Various methods have been developed to deliver non-viral genes in the past two decades. The nonviral delivery systems are still under investigation. According to the clinical needs, they have the potential for titration and repeated dosing, according to the clinical needs. Single DNA molecules have also been explored. This nonviral gene transfer would ensure a lesser risk of immune response in patients with pre-existing viral immunity; a very large transfer of genes can happen, which is beyond the capacity of the viral gene delivery system.

The delivery route of the nonviral gene therapy vector remains crucial for the treatment and leads to the highest transfection rate for the targeted cell type, which has the least risk for severe adverse effects. The topical application offers the least noninvasive delivery and is mostly used for anterior segment diseases like glaucoma. Intravenous injections offer yet another way by which compounds can be administered directly into the bloodstream. Periocular injection is another type of drug being administered apart from subretinal and intravitreal injections.

Why Nonviral Gene Therapy Is Preferred?

The viral vectors offer immunological reactions. The nonviral therapy promises to be less immunogenic than the viral ones. The gene size is not limited; this allows the delivery of the entire genomic DNA fragment, including the gene regulatory elements and intronic sequences, to increase expression efficiency. The production charges of nonviral gene therapy are a lot less compared to that of viral ones. Moreover, the nonviral delivery system gets classified as drugs rather than biologics, cutting costs and administrative efforts.

What Are the Challenges of Non-viral Gene Therapy?

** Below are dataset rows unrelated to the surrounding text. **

-- ===== src/Retention/Survey.antt =====
-- `retentionSurvey`: the managed rows grouped by engine route, with the status of each route. The
-- repository, the engines and the disk are a `Round` of answers.
pub mod Rows
pub mod Answers
pub mod Routes
use torrent_tv.Prelude.{
  ℕ, ◌≡◌, refl, Bool, true, false, not, ◌&&◌, Option, none, some, List, [], ◌∷◌, ◌++◌, ◌==◌,
  if◌then◌else◌,
}
use torrent_tv.Prelude.Int.{ℤ, pos, add64}
use torrent_tv.Prelude.Bytes.{Bytes, contains, eqb, cut}
use torrent_tv.Retention.{Download, DownloadStatus, RetentionRoute, RetentionPlan}
use torrent_tv.Retention.Household.{
  PlaybackState, RetentionHousehold, Facts, release_ids, retention_household, route_facts,
}

pub data Removal : Type 0 where
  removed not_found broken : Removal

-- What the outside answers during one evaluation and the removal before it. `none` and `false` are
-- errors; `titles` is `CatalogTitleIDsForReleases`, `status` is asked of the engine of a route.
pub record Round (F : Type 0) : Type 0 where
  pub lists : Bool
  pub titles : List Bytes → Option (Bytes → Bytes)
  pub favorites : Option (List Bytes)
  pub playback : Option (List PlaybackState)
  pub status : Bytes → Option (DownloadStatus F)
  pub free : Option ℤ
  pub removal : Bytes → Removal
  pub lists_rows : Bool
  pub deletes : Bytes → Bool

pub data Failure : Type 0 where
  listing household removing deleting : Failure
  engine_unavailable : Bytes → Failure

abbrev pub colon : ℕ
colon = b':'

-- `routePrefix`.
abbrev pub prefix_of : Option (Bytes × Bytes) → Bytes → Bytes
prefix_of none route = route
prefix_of (some (prefix, hash)) route = prefix

pub route_prefix : Bytes → Bytes
unfolding cut
route_prefix route = prefix_of (cut colon route) route ++ colon ∷ []

-- `EngineSet.Resolve`, for the hash: `registered` says which prefixes have an engine.
abbrev pub resolved : (Bytes → Bool) → Option (Bytes × Bytes) → Option Bytes
resolved registered none = none
resolved registered (some (prefix, hash)) =
    if registered (prefix ++ colon ∷ []) then some hash else none

unfoldable pub owner : (Bytes → Bool) → Bytes → Option Bytes
unfolding cut
owner registered route = resolved registered (cut colon route)

abbrev pub hash_of : Option Bytes → Bytes
hash_of none = []
hash_of (some hash) = hash

-- `if !slices.Contains(owners, prefix) { owners = append(owners, prefix) }`.
unfoldable pub add_owner : Bytes → List Bytes → List Bytes
unfolding eqb
add_owner prefix owners = if contains owners prefix then owners else owners ++ prefix ∷ []

-- The map `byRoute`, in the order of `order`; the rows of a route are its first and the others.
pub record Group (F : Type 0) : Type 0 where
  pub engine_id : Bytes
  pub first : Download F
  pub others : List (Download F)

module _ {F : Type 0} where
  unfoldable pub add_row : Download F → List (Group F) → List (Group F)
  unfolding eqb
  add_row row [] = record { engine_id = row.engine_id; first = row; others = [] } ∷ []
  add_row row (g ∷ gs) =
      if eqb g.engine_id row.engine_id
      then record g { others = g.others ++ row ∷ [] } ∷ gs
      else g ∷ add_row row gs

  -- The first loop: rows without an engine name an uncertain owner, the others are grouped.
  unfoldable pub group_rows :
      (Bytes → Bool) → List (Download F) → List Bytes → List (Group F) → List Bytes × List (Group F)
  unfolding add_row add_owner owner route_prefix
  group_rows registered [] owners groups = (owners, groups)
  group_rows registered (row ∷ rows) owners groups = elim (owner registered row.engine_id) [
    | none ↦ group_rows registered rows (add_owner (route_prefix row.engine_id) owners) groups
    | some hash ↦ group_rows registered rows owners (add_row row groups)
  ]

  unfoldable pub make_route :
      RetentionHousehold → Group F → Bytes → DownloadStatus F → RetentionRoute F
  unfolding route_facts
  make_route h g hash status =
      let facts = route_facts h (g.first ∷ g.others) in
      record {
        engine_id = g.engine_id;
        hash = hash;
        first = g.first;
        others = g.others;
        status = status;
        favorite = facts.favorite;
        watched = facts.watched;
        last_played = facts.last_played;
      }

  -- The second loop: a route with no status names an uncertain owner.
  unfoldable pub add_routes :
      (Bytes → Bool)
      → RetentionHousehold
      → (Bytes → Option (DownloadStatus F))
      → List (Group F)
      → RetentionPlan F
      → RetentionPlan F
  unfolding make_route add_owner owner route_prefix add64
  add_routes registered h status [] plan = plan
  add_routes registered h status (g ∷ gs) plan = elim (status g.engine_id) [
    | none ↦ add_routes registered h status gs (record plan {
      uncertain_owners = add_owner (route_prefix g.engine_id) plan.uncertain_owners;
    })
    | some st ↦ add_routes registered h status gs (record plan {
      routes = plan.routes ++ make_route h g (hash_of (owner registered g.engine_id)) st ∷ [];
      stored_bytes = add64 plan.stored_bytes st.total_bytes;
    })
  ]

  -- `retentionHousehold`, whose repository calls may each fail.
  unfoldable pub find_household : Round F → List (Download F) → Option RetentionHousehold
  unfolding release_ids retention_household
  find_household round rows = elim (round.titles (release_ids rows [])) [
    | none ↦ none
    | some titles ↦ elim round.favorites [
      | none ↦ none
      | some favorites ↦ elim round.playback [
        | none ↦ none
        | some playback ↦ some (retention_household titles favorites playback)
      ]
    ]
  ]

-- An error, or a value.
pub data Attempt (A : Type 0) : Type 0 where
  failed : Failure → Attempt A
  done : A → Attempt A

module _ {F : Type 0} (registered : Bytes → Bool) where
  abbrev pub plan_of :
      Round F → List (Download F) → Option RetentionHousehold → Attempt (RetentionPlan F)
  plan_of round rows none = failed household
  plan_of round rows (some h) =
      let (owners, groups) = group_rows registered rows [] [] in
      done (
        add_routes registered h round.status groups (record {
          routes = [];
          stored_bytes = pos 0;
          free = round.free;
          uncertain_owners = owners;
        }))

  unfoldable pub retention_survey : Round F → List (Download F) → Attempt (RetentionPlan F)
  unfolding group_rows add_routes find_household
  retention_survey round rows =
      if round.lists then plan_of round rows (find_household round rows) else failed listing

As known, the subretinal injection is usually performed to target the photoreceptor, but the same for the naked plasmids by no means results in significant gene expression. A DNA plasmid may not have the vehicle to overcome the natural cellular barrier to viral infections. It may be exposed to intracellular nucleases, leading to rapid degradation of the naked DNA. Several obstacles must be overcome before the gene delivery results in protein expression. Also, the agents and procedures used to assist and facilitate gene delivery must not be toxic to the retina.

Additionally, another problem remains: even if the DNA gets successfully delivered to the nucleus, the gene would persist in the nucleus and continuously express the proteins. Therefore, there is a need to develop DNA delivery methods that allow easy passage through the cell membrane and ideally help to overcome further barriers and silencing. Many such ways have been developed in vivo and in vitro, and DNA delivery to the outer retina has also been tried.

What Are the Optimization Techniques for Non-viral Gene Therapy?

There are various ways to improve gene delivery efficiency, independent of the methods used for nonviral gene therapy. The most promising techniques include:

• Vector Integration: It allows for achieving persistent expression.

• Scaffold Matrix Attachment: It is suggested as it helps overcome gene silencing for non-viral retinal gene therapy. These attachment regions are thought to isolate the active from the inactive chromatin and protect the DNA from methylation.

Conclusion:

Non-viral gene therapy has several advantages, but its success remains limited. It remains to target the photoreceptor cells and achieve a high and persistent transgene expression without causing any harm to the neuronal tissues by using physical and chemical transfection methods. Thus, to better estimate non-viral gene therapy, it should be tested against the viral vectors in the future.